Progressing much of the way has been the open-source community. With numerous different technologies becoming available for big data management, organizations can now make solid decisions based on the platform which suits them best.:
- Apache Hadoop. Hadoop is quickly becoming the standard when it comes to open source big data management. Creating for truly intensive distributed application usage, Hadoop continues to be a powerhouse platform which is being integrated into numerous enterprise solutions. It’s designed to run on commodity hardware and is capable of working with structured, unstructured and semi-structured data sets.
- Cascading. Currently used by Twitter, Cascading is another great open source tool which helps create and execute workflows. Like several other systems, Cascading is actually a software layer which runs on Hadoop. Used for log file analysis, ad targeting, and data prediction analytics, Cascading quickly became a popular tool for numerous organizations dealing with large data sets.
- Apache HBase. Adopted by Facebook to help with the messaging platform, HBase was built and modeled around Google’s powerful BigTable management platform. This open source, Java-coded, distributed database was designed to run on top of Hadoop’s already popular platform.
- MongoDB. Originally from the makers of DoubleClick, MongoDB has already been adopted by orgainzations such as Disney, The New York Times, craigslist, and several others. Built on a NoSQL, open source engine, MongoDB is able to store structured data in JSON-like schemas.
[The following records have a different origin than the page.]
-- ===== src/Chart/Session/Calm/Kept.antt =====
-- What keeps the promise of a calm visit: choices, answered histories, and effects that copy nothing.
use mathlib.Core.Path.{subst}
use stock_anomoly_detection.Prelude.{
  ◌≤◌, ◌≡◌, ◌≢◌, refl, sym, ap, ◌∙◌, Bool, true, false, List, [], ◌∷◌, Option, none, some, length,
  arith,
}
use stock_anomoly_detection.Text.{Text}
use stock_anomoly_detection.Chart.{OhlcvPoint, Interval}
use stock_anomoly_detection.Chart.Display.{CandlestickSeries}
use stock_anomoly_detection.Chart.Session.{PriceChart, Response, failed, not_ok, ok}
use stock_anomoly_detection.Chart.Session.Handlers.{HistoryRequest, load_history, on_history}
use stock_anomoly_detection.Chart.Session.Steps.{
  with_candles, World, Event, history_answered, also, answered, without, rebuild, reload,
  run_history, answer_history, answer_more, step,
}
use stock_anomoly_detection.Chart.Session.Live.{IsCurrent}
use stock_anomoly_detection.Chart.Session.Live.Steps.{step-IsLive}
use stock_anomoly_detection.Chart.Session.Calm.{
  empty, next, IsHistory, IsBlank, IsEmpty, IsShowing, Promise,
}
use stock_anomoly_detection.Chart.Session.Calm.Rebuild.{
  IsWhole, rebuild-IsBlank, rebuild-asked, load_history-IsBlank, load_history-asked,
}
use stock_anomoly_detection.Chart.Session.Calm.Empty.{unanswered-IsEmpty, on_history-IsShown}
use stock_anomoly_detection.Chart.Session.Calm.Frame.{SameFrame, on_history-frame}

only_one :
    (hs : List HistoryRequest) → length hs ≤ 1 → hs ≢ [] → (q : HistoryRequest) × (hs ≡ q ∷ [])
only_one [] h n = absurd (n refl)
only_one (q ∷ []) h n = (q, refl)
only_one (q ∷ r ∷ hs) h n = absurd (omega arith)

answer_history-first :
    (r : Response) (q : HistoryRequest) (w : World)
    → w.histories ≡ q ∷ []
    → answer_history 0 r w ≡ record w { chart = on_history r w.chart; histories = [] }
unfolding answer_history
answer_history-first r q w e = ap choose e
  where
    choose : List HistoryRequest → World
    choose hs = elim (answered 0 hs) [
      | true ↦ record w { chart = on_history r w.chart; histories = without 0 hs }
      | false ↦ w
    ]

pub rechosen-IsWhole :
    (j : Interval) (c : PriceChart) → IsWhole c → IsWhole (record c { interval = j })
rechosen-IsWhole j c h = record {
  candles_same = h.candles_same;
  volumes_same = h.volumes_same;
  ready_there = h.ready_there;
  no_points = h.no_points;
}

module _ (api : CandlestickSeries) (start : api.Series) where
  -- the chart and the history request, if any, that an effect leaves where none was on its way
  opened-IsEmpty :
      (r : PriceChart × Option HistoryRequest) (o : Option Text) (w : World)
      → w.more ≡ []
      → w.histories ≡ []
      → IsBlank api start r.0
      → (r.1 ≢ none → r.0.chart_api ≡ true)
      → IsEmpty api start (record w { chart = r.0; selected = o; histories = also w.histories r.1 })
  opened-IsEmpty (c, none) o w m e b a = record {
    chart = b;
    no_more = m;
    one_history = rw e (omega arith);
    asked = λ n. absurd (n e);
  }
  opened-IsEmpty (c, some q) o w m e b a = record {
    chart = b;
    no_more = m;
    one_history = rw e (omega arith);
    asked = λ _. a (ground arith);
  }

  pub blank-IsWhole : (c : PriceChart) → IsBlank api start c → IsWhole c
  blank-IsWhole c h = record {
    candles_same = h.candles_same;
    volumes_same = h.volumes_same;
    ready_there = h.ready_there;
    no_points = λ _. h.no_candles;
  }

  pub showing-IsWhole : (i : Interval) (w : World) → IsShowing api start i w → IsWhole w.chart
  showing-IsWhole i w h = record {
    candles_same = h.series.chart.candles_there ∙ sym h.there;
    volumes_same = h.series.chart.volumes_there ∙ sym h.there;
    ready_there = λ _. h.there;
    no_points = λ gone. absurd (let t = h.there in ground arith);
  }

  pub reload-IsEmpty :
      (o : Option Text) (ready : Bool) (c : PriceChart) (w : World)
      → w.more ≡ []
      → w.histories ≡ []
      → IsWhole c
      → IsEmpty api start (reload o ready c w)
  unfolding reload
  reload-IsEmpty o ready c w m e h =
      opened-IsEmpty (rebuild o ready c) o w m e (rebuild-IsBlank api start o ready c h)
        (rebuild-asked o ready c)

  pub run_history-IsEmpty :
      (w : World) → IsEmpty api start w → w.histories ≡ [] → IsEmpty api start (run_history w)
  unfolding run_history
  run_history-IsEmpty w h e =
      opened-IsEmpty (load_history w.selected w.chart.is_chart_ready w.chart) w.selected w h.no_more
        e (load_history-IsBlank api start w.selected w.chart.is_chart_ready w.chart h.chart)
        (load_history-asked w.selected w.chart.is_chart_ready w.chart h.chart.ready_there)

  answered-Promise :
      (r : Response) (q : HistoryRequest) (w : World)
      → IsEmpty api start w
      → w.chart.chart_api ≡ true
      → IsHistory w.chart.interval r
      → Promise api start
          (next empty (history_answered 0 r) w.chart.interval)
          (record w { chart = on_history r w.chart; histories = [] })
  unfolding on_history
  answered-Promise failed q w h there k = unanswered-IsEmpty api start w [] h refl
  answered-Promise not_ok q w h there k = unanswered-IsEmpty api start w [] h refl
  answered-Promise (ok history) q w h there k = record {
    series = record {
      chart = on_history-IsShown api start history w.chart h.chart there k;
      asked = rw h.no_more tt;
    };
    there = ap (λ f. f.0) (on_history-frame (ok history) w.chart) ∙ there;
    chosen = ap (λ f. f.1) (on_history-frame (ok history) w.chart);
    no_histories = refl;
  }

  pub history-Promise :
      (r : Response) (w : World)
      → IsEmpty api start w
      → w.histories ≢ []
      → IsHistory w.chart.interval r
      → Promise api start
          (next empty (history_answered 0 r) w.chart.interval)
          (answer_history 0 r w)
  history-Promise r w h n k =
      let (q, e) = only_one w.histories h.one_history n in
      subst (Promise api start (next empty (history_answered 0 r) w.chart.interval))
        (sym (answer_history-first r q w e)) (answered-Promise r q w h (h.asked n) k)

  pub current-IsShowing :
      (i : Interval) (e : Event) (w : World)
      → IsCurrent i e w
      → SameFrame (step e w) w
      → IsShowing api start i w
      → IsShowing api start i (step e w)
  current-IsShowing i e w a f h = record {
    series = step-IsLive api i start e w a h.series;
    there = ap (λ g. g.0) f.0 ∙ h.there;
    chosen = ap (λ g. g.1) f.0 ∙ h.chosen;
    no_histories = f.1 ∙ h.no_histories;
  }

  pub nothing_more : (r : Response) (w : World) → w.more ≡ [] → answer_more r w.more w ≡ w
  unfolding answer_more
  nothing_more r w e = ap (λ l. answer_more r l w) e

  -- no candles are copied into the ref
  pub with_none-IsEmpty :
      (points : List OhlcvPoint) (w : World)
      → points ≡ []
      → IsEmpty api start w
      → IsEmpty api start (with_candles points w)
  with_none-IsEmpty points w e h = record {
    chart = record {
      candles_same = h.chart.candles_same;
      volumes_same = h.chart.volumes_same;
      ready_there = h.chart.ready_there;
      synced = h.chart.synced;
      no_candles = e;
      shows_none = h.chart.shows_none;
    };
    no_more = h.no_more;
    one_history = h.one_history;
    asked = h.asked;
  }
Because we live in a data-on-demand society, the growth of large datasets seems inevitable. The amount of available information and data will only continue to grow as users adopt more devices which are connected to the Internet and beyond. Now, many organizations are working hard to collect this data efficiently and have it work for them. The data being collected must be analyzed and processed to have some type of ROI. With advancements in IT consumerization and the growth of the cloud – users will only continue to grow their usage rates; producing yet more data which will need to be monitored, collected and quantified.